# Anyone know of any shoulder support harnesses available?



## fostermom (Sep 6, 2007)

I found this site when my parents' dog became paralyzed.

http://www.handicappedpets.com/www/index.php/help-pets-walk/dog-harnesses-a-slings.html


----------



## GoldenCamper (Dec 21, 2009)

You may want to look at this website. They do have something for shoulder stabilization in the menu on the left, they want a prescription for that one in particular because it inhibits movement.

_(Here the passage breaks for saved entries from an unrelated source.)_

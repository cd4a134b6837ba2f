-- ===== src/Broker.antt =====
-- broker.rs: the sessions and subscriptions that connections share, and the fan-out of a PUBLISH.
-- The channels that the session table holds are a store, indexed by `connection_id`. Each function
-- runs alone here; Atomic says what other tasks can do between two map operations of a
-- registration or a teardown.
mod Auth
mod Tree
mod State
mod Publish
pub mod Matching
pub mod Fanout
pub mod Sessions
pub mod Table
pub mod Tables
pub mod Invariant
pub mod Atomic
pub mod Unserved
pub mod Reaching
pub mod Granting
unfoldable pub use Auth.*
unfoldable pub use Tree.*
unfoldable pub use State.*
unfoldable pub use Publish.*
use hotaru_mqtt.Base.{
  ℕ, List, [], ◌∷◌, ◌++◌, map, Bool, true, false, not, ◌&&◌, Option, none, some, ◌==◌, ltb,
  if◌then◌else◌, Bytes, str_eq, Outcome, ok, err, panic,
}
use hotaru_mqtt.Request.{IncomingPublish, PacketId, WillMessage, TopicFilter}
use hotaru_mqtt.Request.Qos.{Qos, as_u8, min_qos}
use hotaru_mqtt.Request.SubackCode.{SubackCode}
use hotaru_mqtt.Error.{MqttError}
use hotaru_mqtt.Packet.{ConnectPacket, PublishPacket}
use hotaru_mqtt.Packet.ConnackReturnCode.{ConnackReturnCode}
use hotaru_mqtt.Safety
use hotaru_mqtt.Safety.{MqttSafety}
use hotaru_mqtt.Topic.{plus_seg, hash_seg, validate_subscribe_filter}
use hotaru_mqtt.Topic.Split.{split}
use hotaru_mqtt.DashMap.{get, insert, remove, str_key}
use hotaru_mqtt.Session.{MqttSession, allocate_packet_id, track_outbound_inflight}
use hotaru_mqtt.Channel.{MqttChannel, close, send_publish}

-- Ends the connection that a takeover replaces.
unfoldable pub take_over : Option SubscriberEntry → BrokerInner → BrokerInner
take_over none st = st
take_over (some prev) st =
    publish_will prev.will
      (set_channel prev.connection_id (close (st.channels prev.connection_id)) st)

abbrev pub is_some {ℓ} : {A : Type ℓ} → Option A → Bool
is_some none = false
is_some (some a) = true

unfoldable pub register_session :
    Bytes → ConnectionId → Option WillMessage → Bool → BrokerInner → BrokerInner × Bool
register_session client c will clean st =
    let existing = get client st.sessions in
    let removed = record st { sessions = remove client st.sessions } in
    let closed = take_over existing removed in
    let wiped =
      if clean
      then record closed { subscriptions = remove_client client closed.subscriptions }
      else closed in
    let entry : SubscriberEntry = record {
      connection_id = c;
      filters = [];
      will = will;
      clean_session = clean;
    } in
    (record wiped { sessions = insert client entry wiped.sessions }, not clean && is_some existing)

-- `get(client_id).filter(..)`: the entry, if it belongs to this connection.
abbrev pub own_entry : Bytes → ConnectionId → BrokerInner → Option SubscriberEntry
own_entry client c st = elim (get client st.sessions) [
  | none ↦ none
  | some entry ↦ if entry.connection_id == c then some entry else none
]

unfoldable pub unregister_session : Bytes → ConnectionId → Bool → BrokerInner → BrokerInner
unregister_session client c graceful st = elim (own_entry client c st) [
  | none ↦ st
  | some entry ↦
      let gone = record st {
        sessions = remove client st.sessions;
        subscriptions = remove_client client st.subscriptions;
      } in
      if graceful then gone else publish_will entry.will gone
]

-- `SubscriptionTree::subscribe` and the entry's own record of a filter.
unfoldable pub grant :
    Bytes → SubscriberEntry → TopicFilter → BrokerInner → SubscriberEntry × BrokerInner
grant client entry tf st =
    let entry' = record entry { filters = insert tf.filter tf.qos entry.filters } in
    (
      entry',
      record st {
        sessions = insert client entry' st.sessions;
        subscriptions = tree_subscribe client tf.filter tf.qos st.subscriptions;
      },
    )

-- One pass of the loop of `subscribe`, with what the filter's validation answered.
abbrev pub subscribe_one :
    Outcome MqttError (Unit {0})
    → Bytes
    → SubscriberEntry
    → TopicFilter
    → BrokerInner
    → (SubscriberEntry × BrokerInner) × SubackCode
subscribe_one (ok u) client entry tf st = (grant client entry tf st, SubackCode.granted tf.qos)
subscribe_one (err e) client entry tf st = ((entry, st), SubackCode.failure)
subscribe_one panic client entry tf st = ((entry, st), SubackCode.failure)

unfoldable pub subscribe_loop :
    Bytes → SubscriberEntry → List TopicFilter → BrokerInner → BrokerInner × List SubackCode
subscribe_loop client entry [] st = (st, [])
subscribe_loop client entry (tf ∷ filters) st =
    let ((entry', st'), code) =
      subscribe_one (validate_subscribe_filter tf.filter) client entry tf st in
    let (out, codes) = subscribe_loop client entry' filters st' in (out, code ∷ codes)

unfoldable pub subscribe :
    Bytes → ConnectionId → List TopicFilter → BrokerInner → BrokerInner × List SubackCode
subscribe client c filters st = elim (own_entry client c st) [
  | none ↦ (st, map (λ tf. SubackCode.failure) filters)
  | some entry ↦ subscribe_loop client entry filters st
]

unfoldable pub unsubscribe_loop : Bytes → SubscriberEntry → List Bytes → BrokerInner → BrokerInner
unsubscribe_loop client entry [] st = st
unsubscribe_loop client entry (topic ∷ topics) st =
    let entry' = record entry { filters = remove topic entry.filters } in
    unsubscribe_loop client entry' topics (record st {
      sessions = insert client entry' st.sessions;
      subscriptions = tree_unsubscribe client topic st.subscriptions;
    })

unfoldable pub unsubscribe : Bytes → ConnectionId → List Bytes → BrokerInner → BrokerInner
unsubscribe client c topics st = elim (own_entry client c st) [
  | none ↦ st
  | some entry ↦ unsubscribe_loop client entry topics st
]
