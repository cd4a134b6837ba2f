-- ===== src/Broker/Atomic.antt =====
-- broker.rs: `register_session` and `unregister_session` as the map operations that they are made
-- of. Each of these is atomic, and those of other connections can come between two of them.
pub mod Parts
pub mod Owners
pub mod Races
use hotaru_mqtt.Base.{
  ◌≡◌, List, [], ◌∷◌, Bool, true, false, not, ◌&&◌, Option, none, some, ◌==◌, if◌then◌else◌, Bytes,
}
use hotaru_mqtt.Request.{WillMessage, TopicFilter}
use hotaru_mqtt.Channel.{MqttChannel}
use hotaru_mqtt.DashMap.{get, insert, remove, str_key}
use hotaru_mqtt.Broker.{
  SubscriberEntry, BrokerInner, ConnectionId, Authenticator, Broker, build, own_entry, take_over,
  publish_will, remove_client, subscribe, unsubscribe, is_some,
}

-- `sessions.remove(&client_id)`
abbrev pub take_session : Bytes → BrokerInner → BrokerInner × Option SubscriberEntry
take_session client st =
    (record st { sessions = remove client st.sessions }, get client st.sessions)

-- `subscriptions.remove_client(&client_id)`
abbrev pub wipe : Bytes → BrokerInner → BrokerInner
wipe client st = record st { subscriptions = remove_client client st.subscriptions }

abbrev pub new_entry : ConnectionId → Option WillMessage → Bool → SubscriberEntry
new_entry c will clean = record {
  connection_id = c;
  filters = [];
  will = will;
  clean_session = clean;
}

-- `sessions.insert(client_id, ..)`
abbrev pub put_session : Bytes → SubscriberEntry → BrokerInner → BrokerInner
put_session client entry st = record st { sessions = insert client entry st.sessions }

-- `sessions.remove_if(client_id, ..)`
unfoldable pub claim : Bytes → ConnectionId → BrokerInner → BrokerInner × Option SubscriberEntry
claim client c st = elim (own_entry client c st) [
  | none ↦ (st, none)
  | some entry ↦ (record st { sessions = remove client st.sessions }, some entry)
]

-- What the task of a connection does next: between the parts of its registration, in its loop, or
-- between the parts of its teardown.
pub data Stage : Type 0 where
  connecting : Stage
  taken : Bytes → Option WillMessage → Bool → Option SubscriberEntry → Stage
  closed : Bytes → Option WillMessage → Bool → Stage
  ready : Bytes → Option WillMessage → Bool → Stage
  serving : Bytes → Stage
  claimed : Bytes → SubscriberEntry → Bool → Stage
  cleared : SubscriberEntry → Bool → Stage
  returned : Stage

pub record Interleaved : Type 0 where
  pub inner : BrokerInner
  pub stages : ConnectionId → Stage

abbrev pub stage_of : ConnectionId → Interleaved → Stage
stage_of c b = b.stages c

abbrev pub put : ConnectionId → BrokerInner → Stage → Interleaved → Interleaved
put c inner stage b = record { inner = inner; stages = λ d. if c == d then stage else b.stages d }

-- The stage after `remove_if`.
abbrev pub after_claim : Bytes → Bool → Option SubscriberEntry → Stage
after_claim client graceful none = returned
after_claim client graceful (some entry) = claimed client entry graceful

abbrev pub last_will : Bool → SubscriberEntry → BrokerInner → BrokerInner
last_will true entry st = st
last_will false entry st = publish_will entry.will st

abbrev pub wipe_if : Bool → Bytes → BrokerInner → BrokerInner
wipe_if true client st = wipe client st
wipe_if false client st = st

pub data Step : Interleaved → Interleaved → Type 0 where
  take :
      {b : Interleaved} (c : ConnectionId) (client : Bytes) (will : Option WillMessage)
      (clean : Bool)
      → stage_of c b ≡ connecting
      → Step b (
          put c
            (take_session client b.inner).0
            (taken client will clean (take_session client b.inner).1)
            b)
  end :
      {b : Interleaved} (c : ConnectionId) (client : Bytes) (will : Option WillMessage)
      (clean : Bool) (existing : Option SubscriberEntry)
      → stage_of c b ≡ taken client will clean existing
      → Step b (put c (take_over existing b.inner) (closed client will clean) b)
  forget :
      {b : Interleaved} (c : ConnectionId) (client : Bytes) (will : Option WillMessage)
      (clean : Bool)
      → stage_of c b ≡ closed client will clean
      → Step b (put c (wipe_if clean client b.inner) (ready client will clean) b)
  enter :
      {b : Interleaved} (c : ConnectionId) (client : Bytes) (will : Option WillMessage)
      (clean : Bool)
      → stage_of c b ≡ ready client will clean
      → Step b (put c (put_session client (new_entry c will clean) b.inner) (serving client) b)
  leave :
      {b : Interleaved} (c : ConnectionId) (client : Bytes) (graceful : Bool)
      → stage_of c b ≡ serving client
      → Step b (
          put c
            (claim client c b.inner).0
            (after_claim client graceful (claim client c b.inner).1)
            b)
  clear :
      {b : Interleaved} (c : ConnectionId) (client : Bytes) (entry : SubscriberEntry)
      (graceful : Bool)
      → stage_of c b ≡ claimed client entry graceful
      → Step b (put c (wipe client b.inner) (cleared entry graceful) b)
  finish :
      {b : Interleaved} (c : ConnectionId) (entry : SubscriberEntry) (graceful : Bool)
      → stage_of c b ≡ cleared entry graceful
      → Step b (put c (last_will graceful entry b.inner) returned b)
  -- One filter of a SUBSCRIBE or an UNSUBSCRIBE.
  subscribed :
      {b : Interleaved} (c : ConnectionId) (client : Bytes) (tf : TopicFilter)
      → stage_of c b ≡ serving client
      → Step b (record b { inner = (subscribe client c (tf ∷ []) b.inner).0 })
  unsubscribed :
      {b : Interleaved} (c : ConnectionId) (client topic : Bytes)
      → stage_of c b ≡ serving client
      → Step b (record b { inner = unsubscribe client c (topic ∷ []) b.inner })
  -- A part of a PUBLISH, or a task of a channel: the tables stay.
  quiet :
      {b : Interleaved} (channels : ConnectionId → MqttChannel)
      → Step b (record b { inner = record b.inner { channels = channels } })

pub data Reachable : Interleaved → Type 0 where
  start :
      (channels : ConnectionId → MqttChannel)
      → Reachable (record {
        inner = record { sessions = []; subscriptions = []; channels = channels };
        stages = λ c. connecting;
      })
  more : {b b' : Interleaved} → Reachable b → Step b b' → Reachable b'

http://www.dogleggs.com/files/adjustable.cfm

I thought my old guy had a problem with one of his shoulders, but after seeing a orthopedic specialist it turns out he has some bad bone spurs in the elbows. Tucker never showed signs of arthritis till he was 12yrs old or so, our old friends are really good at hiding the pain. I would get him checked out to know the specifics of his problem and start him on a glucosamine supplement and fish oil, it does help.


----------



## Claire's Friend (Feb 26, 2007)

http://www.dogleggs.com/files/story.cfm


----------



## Claire's Friend (Feb 26, 2007)

Whoops should have read all the posts first !!


----------



## retriever_owner_uk (May 13, 2010)

Thank you all for your responses.

I've just started him on the cod liver oil so hopefully this will help. I did use to give him a combined glucosamine/chondroitin/MSM supplement (he had some problems with his back legs when he was younger, so I figured this might be an 'early warning sign' for arthritis) but he eventually became intolerant to it, so I'll try the cod liver oil for the moment. He's had stomach problems on and off over the years so I have to be careful about what I give him.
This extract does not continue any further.